Stored items:
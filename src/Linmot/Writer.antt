-- ===== src/Linmot/Writer.antt =====
-- linmot/src/udp/writer.rs: the bounded writer over the send buffer.
pub mod Writes
use puddle.Base.{ℕ, ◌+◌, ◌-◌, List, [], ◌∷◌, ◌++◌, ltb, if◌then◌else◌, length, take, drop}
use puddle.Base.Exec.{Exec, Result, ok, err}
use puddle.Base.Int.{ℤ, unsigned}
use puddle.Base.Bytes.{le16, le32}

pub data WriteError : Type 0 where
  overflow : ℕ → ℕ → WriteError
  too_many_parameters : ℕ → WriteError

pub record Writer : Type 0 where
  pub buf : List ℕ
  pub idx : ℕ

abbrev pub new : List ℕ → Writer
new buf = record { buf = buf; idx = 0 }

-- `&mut self` methods that return `Result<()>`.
abbrev pub Write : Type 0
Write = Exec Writer WriteError (Unit {0})

unfoldable pub remaining : Writer → ℕ
remaining w = length w.buf - w.idx

-- `copy_from_slice` replaces the bytes from `idx` to `idx + needed`.
unfoldable pub write_bytes : List ℕ → Write
unfolding remaining
write_bytes bytes w =
    let needed = length bytes in
    if ltb (length w.buf) (w.idx + needed) then (err (overflow needed (remaining w)), w) else (
      ok tt,
      record {
        buf = take w.idx w.buf ++ (bytes ++ drop (w.idx + needed) w.buf);
        idx = w.idx + needed;
      },
    )

unfoldable pub write_u8 : ℕ → Write
write_u8 v = write_bytes (v ∷ [])

unfoldable pub write_u16_le : ℕ → Write
write_u16_le v = write_bytes (le16 v)

unfoldable pub write_i16_le : ℤ → Write
write_i16_le v = write_bytes (le16 (unsigned 16 v))

unfoldable pub write_u32_le : ℕ → Write
write_u32_le v = write_bytes (le32 v)

unfoldable pub write_i32_le : ℤ → Write
write_i32_le v = write_bytes (le32 (unsigned 32 v))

ABOUT THIS EXERCISE: Copy the data word for word.

COMPLETED TASK:
filename src/Linmot/Writer.antt
-- ===== src/Linmot/Writer.antt =====
-- linmot/src/udp/writer.rs: the bounded writer over the send buffer.
pub mod Writes
use puddle.Base.{ℕ, ◌+◌, ◌-◌, List, [], ◌∷◌, ◌++◌, ltb, if◌then◌else◌, length, take, drop}
use puddle.Base.Exec.{Exec, Result, ok, err}
use puddle.Base.Int.{ℤ, unsigned}
use puddle.Base.Bytes.{le16, le32}

pub data WriteError : Type 0 where
  overflow : ℕ → ℕ → WriteError
  too_many_parameters : ℕ → WriteError

pub record Writer : Type 0 where
  pub buf : List ℕ
  pub idx : ℕ

abbrev pub new : List ℕ → Writer
new buf = record { buf = buf; idx = 0 }

-- `&mut self` methods that return `Result<()>`.
abbrev pub Write : Type 0
Write = Exec Writer WriteError (Unit {0})

unfoldable pub remaining : Writer → ℕ
remaining w = length w.buf - w.idx

-- `copy_from_slice` replaces the bytes from `idx` to `idx + needed`.
unfoldable pub write_bytes : List ℕ → Write
unfolding remaining
write_bytes bytes w =
    let needed = length bytes in
    if ltb (length w.buf) (w.idx + needed) then (err (overflow needed (remaining w)), w) else (
      ok tt,
      record {
        buf = take w.idx w.buf ++ (bytes ++ drop (w.idx + needed) w.buf);
        idx = w.idx + needed;
      },
    )

unfoldable pub write_u8 : ℕ → Write
write_u8 v = write_bytes (v ∷ [])

unfoldable pub write_u16_le : ℕ → Write
write_u16_le v = write_bytes (le16 v)

unfoldable pub write_i16_le : ℤ → Write
write_i16_le v = write_bytes (le16 (unsigned 16 v))

unfoldable pub write_u32_le : ℕ → Write
write_u32_le v = write_bytes (le32 v)

unfoldable pub write_i32_le : ℤ → Write
write_i32_le v = write_bytes (le32 (unsigned 32 v))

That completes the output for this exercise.